__What is required__:
Your response must be the entire set of entries, reproduced word for word.

■ ■ ■ ■

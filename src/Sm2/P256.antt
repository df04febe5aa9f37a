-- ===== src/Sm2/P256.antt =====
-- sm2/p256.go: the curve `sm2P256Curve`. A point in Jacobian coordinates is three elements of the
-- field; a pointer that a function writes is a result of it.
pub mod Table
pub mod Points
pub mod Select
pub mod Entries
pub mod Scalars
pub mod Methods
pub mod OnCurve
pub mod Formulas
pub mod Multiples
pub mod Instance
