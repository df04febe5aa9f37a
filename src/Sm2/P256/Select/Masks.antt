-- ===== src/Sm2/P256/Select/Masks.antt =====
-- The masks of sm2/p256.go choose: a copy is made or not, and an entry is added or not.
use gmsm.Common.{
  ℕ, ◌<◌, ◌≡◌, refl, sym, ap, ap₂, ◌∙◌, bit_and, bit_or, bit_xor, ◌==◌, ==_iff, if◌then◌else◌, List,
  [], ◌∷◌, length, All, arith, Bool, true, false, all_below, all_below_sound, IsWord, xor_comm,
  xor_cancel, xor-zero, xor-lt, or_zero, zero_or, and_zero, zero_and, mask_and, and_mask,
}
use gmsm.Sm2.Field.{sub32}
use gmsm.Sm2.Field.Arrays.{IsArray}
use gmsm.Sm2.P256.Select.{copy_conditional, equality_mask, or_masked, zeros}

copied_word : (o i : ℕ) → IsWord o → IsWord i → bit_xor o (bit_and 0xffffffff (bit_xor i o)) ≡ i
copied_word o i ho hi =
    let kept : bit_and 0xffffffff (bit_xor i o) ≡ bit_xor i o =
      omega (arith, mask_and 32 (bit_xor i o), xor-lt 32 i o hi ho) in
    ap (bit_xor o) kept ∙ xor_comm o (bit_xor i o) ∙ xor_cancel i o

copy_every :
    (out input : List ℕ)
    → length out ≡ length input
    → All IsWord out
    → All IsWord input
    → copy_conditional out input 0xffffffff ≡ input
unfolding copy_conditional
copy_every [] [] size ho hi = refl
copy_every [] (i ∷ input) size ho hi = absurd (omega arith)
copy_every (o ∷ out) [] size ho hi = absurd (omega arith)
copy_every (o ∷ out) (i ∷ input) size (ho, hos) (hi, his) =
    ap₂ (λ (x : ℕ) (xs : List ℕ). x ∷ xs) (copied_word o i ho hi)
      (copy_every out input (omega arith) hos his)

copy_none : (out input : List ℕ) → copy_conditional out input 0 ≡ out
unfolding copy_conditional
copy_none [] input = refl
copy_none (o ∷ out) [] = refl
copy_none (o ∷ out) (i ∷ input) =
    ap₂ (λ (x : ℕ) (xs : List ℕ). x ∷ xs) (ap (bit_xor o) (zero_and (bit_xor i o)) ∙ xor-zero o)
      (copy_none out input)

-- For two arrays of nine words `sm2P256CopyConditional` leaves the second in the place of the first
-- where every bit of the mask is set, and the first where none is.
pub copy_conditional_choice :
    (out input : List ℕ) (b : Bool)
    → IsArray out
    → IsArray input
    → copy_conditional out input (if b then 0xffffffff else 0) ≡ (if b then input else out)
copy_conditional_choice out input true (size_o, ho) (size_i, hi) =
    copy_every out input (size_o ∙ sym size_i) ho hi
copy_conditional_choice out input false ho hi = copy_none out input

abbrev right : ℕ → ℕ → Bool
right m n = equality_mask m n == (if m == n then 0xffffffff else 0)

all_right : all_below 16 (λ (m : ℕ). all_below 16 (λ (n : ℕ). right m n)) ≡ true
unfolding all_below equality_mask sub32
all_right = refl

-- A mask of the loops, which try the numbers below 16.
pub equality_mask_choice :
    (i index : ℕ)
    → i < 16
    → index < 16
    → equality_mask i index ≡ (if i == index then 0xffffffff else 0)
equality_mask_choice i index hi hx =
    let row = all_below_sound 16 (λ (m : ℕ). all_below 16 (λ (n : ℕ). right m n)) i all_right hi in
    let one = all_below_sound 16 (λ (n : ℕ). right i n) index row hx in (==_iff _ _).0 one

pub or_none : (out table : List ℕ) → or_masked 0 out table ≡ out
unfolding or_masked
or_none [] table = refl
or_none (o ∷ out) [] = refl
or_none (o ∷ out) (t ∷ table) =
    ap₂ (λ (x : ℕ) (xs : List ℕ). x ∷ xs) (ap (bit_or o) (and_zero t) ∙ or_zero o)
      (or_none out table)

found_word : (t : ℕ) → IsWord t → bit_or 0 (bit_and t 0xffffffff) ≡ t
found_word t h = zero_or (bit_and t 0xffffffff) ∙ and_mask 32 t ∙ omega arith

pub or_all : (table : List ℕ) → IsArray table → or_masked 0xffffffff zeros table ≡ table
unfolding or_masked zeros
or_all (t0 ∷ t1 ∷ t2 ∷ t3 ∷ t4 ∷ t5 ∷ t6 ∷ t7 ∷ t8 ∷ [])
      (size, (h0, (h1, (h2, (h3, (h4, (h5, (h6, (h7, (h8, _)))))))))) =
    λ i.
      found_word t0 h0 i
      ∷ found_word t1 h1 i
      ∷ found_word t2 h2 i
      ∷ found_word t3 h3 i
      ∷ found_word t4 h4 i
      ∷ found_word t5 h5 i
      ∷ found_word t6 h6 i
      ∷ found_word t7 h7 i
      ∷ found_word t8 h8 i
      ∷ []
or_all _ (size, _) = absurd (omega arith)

■ ■ ■ ■

__Task answer__:
filename src/Sm2/P256.antt
repository df04febe5aa9f37a
-- ===== src/Sm2/P256.antt =====
-- sm2/p256.go: the curve `sm2P256Curve`. A point in Jacobian coordinates is three elements of the
-- field; a pointer that a function writes is a result of it.
pub mod Table
pub mod Points
pub mod Select
pub mod Entries
pub mod Scalars
pub mod Methods
pub mod OnCurve
pub mod Formulas
pub mod Multiples
pub mod Instance
repository df04febe5aa9f37a
filename src/Sm2/P256/Select/Masks.antt
-- ===== src/Sm2/P256/Select/Masks.antt =====
-- The masks of sm2/p256.go choose: a copy is made or not, and an entry is added or not.
use gmsm.Common.{
  ℕ, ◌<◌, ◌≡◌, refl, sym, ap, ap₂, ◌∙◌, bit_and, bit_or, bit_xor, ◌==◌, ==_iff, if◌then◌else◌, List,
  [], ◌∷◌, length, All, arith, Bool, true, false, all_below, all_below_sound, IsWord, xor_comm,
  xor_cancel, xor-zero, xor-lt, or_zero, zero_or, and_zero, zero_and, mask_and, and_mask,
}
use gmsm.Sm2.Field.{sub32}
use gmsm.Sm2.Field.Arrays.{IsArray}
use gmsm.Sm2.P256.Select.{copy_conditional, equality_mask, or_masked, zeros}

copied_word : (o i : ℕ) → IsWord o → IsWord i → bit_xor o (bit_and 0xffffffff (bit_xor i o)) ≡ i
copied_word o i ho hi =
    let kept : bit_and 0xffffffff (bit_xor i o) ≡ bit_xor i o =
      omega (arith, mask_and 32 (bit_xor i o), xor-lt 32 i o hi ho) in
    ap (bit_xor o) kept ∙ xor_comm o (bit_xor i o) ∙ xor_cancel i o

copy_every :
    (out input : List ℕ)
    → length out ≡ length input
    → All IsWord out
    → All IsWord input
    → copy_conditional out input 0xffffffff ≡ input
unfolding copy_conditional
copy_every [] [] size ho hi = refl
copy_every [] (i ∷ input) size ho hi = absurd (omega arith)
copy_every (o ∷ out) [] size ho hi = absurd (omega arith)
copy_every (o ∷ out) (i ∷ input) size (ho, hos) (hi, his) =
    ap₂ (λ (x : ℕ) (xs : List ℕ). x ∷ xs) (copied_word o i ho hi)
      (copy_every out input (omega arith) hos his)

copy_none : (out input : List ℕ) → copy_conditional out input 0 ≡ out
unfolding copy_conditional
copy_none [] input = refl
copy_none (o ∷ out) [] = refl
copy_none (o ∷ out) (i ∷ input) =
    ap₂ (λ (x : ℕ) (xs : List ℕ). x ∷ xs) (ap (bit_xor o) (zero_and (bit_xor i o)) ∙ xor-zero o)
      (copy_none out input)

-- For two arrays of nine words `sm2P256CopyConditional` leaves the second in the place of the first
-- where every bit of the mask is set, and the first where none is.
pub copy_conditional_choice :
    (out input : List ℕ) (b : Bool)
    → IsArray out
    → IsArray input
    → copy_conditional out input (if b then 0xffffffff else 0) ≡ (if b then input else out)
copy_conditional_choice out input true (size_o, ho) (size_i, hi) =
    copy_every out input (size_o ∙ sym size_i) ho hi
copy_conditional_choice out input false ho hi = copy_none out input

abbrev right : ℕ → ℕ → Bool
right m n = equality_mask m n == (if m == n then 0xffffffff else 0)

all_right : all_below 16 (λ (m : ℕ). all_below 16 (λ (n : ℕ). right m n)) ≡ true
unfolding all_below equality_mask sub32
all_right = refl

-- A mask of the loops, which try the numbers below 16.
pub equality_mask_choice :
    (i index : ℕ)
    → i < 16
    → index < 16
    → equality_mask i index ≡ (if i == index then 0xffffffff else 0)
equality_mask_choice i index hi hx =
    let row = all_below_sound 16 (λ (m : ℕ). all_below 16 (λ (n : ℕ). right m n)) i all_right hi in
    let one = all_below_sound 16 (λ (n : ℕ). right i n) index row hx in (==_iff _ _).0 one

pub or_none : (out table : List ℕ) → or_masked 0 out table ≡ out
unfolding or_masked
or_none [] table = refl
or_none (o ∷ out) [] = refl
or_none (o ∷ out) (t ∷ table) =
    ap₂ (λ (x : ℕ) (xs : List ℕ). x ∷ xs) (ap (bit_or o) (and_zero t) ∙ or_zero o)
      (or_none out table)

found_word : (t : ℕ) → IsWord t → bit_or 0 (bit_and t 0xffffffff) ≡ t
found_word t h = zero_or (bit_and t 0xffffffff) ∙ and_mask 32 t ∙ omega arith

pub or_all : (table : List ℕ) → IsArray table → or_masked 0xffffffff zeros table ≡ table
unfolding or_masked zeros
or_all (t0 ∷ t1 ∷ t2 ∷ t3 ∷ t4 ∷ t5 ∷ t6 ∷ t7 ∷ t8 ∷ [])
      (size, (h0, (h1, (h2, (h3, (h4, (h5, (h6, (h7, (h8, _)))))))))) =
    λ i.
      found_word t0 h0 i
      ∷ found_word t1 h1 i
      ∷ found_word t2 h2 i
      ∷ found_word t3 h3 i
      ∷ found_word t4 h4 i
      ∷ found_word t5 h5 i
      ∷ found_word t6 h6 i
      ∷ found_word t7 h7 i
      ∷ found_word t8 h8 i
      ∷ []
or_all _ (size, _) = absurd (omega arith)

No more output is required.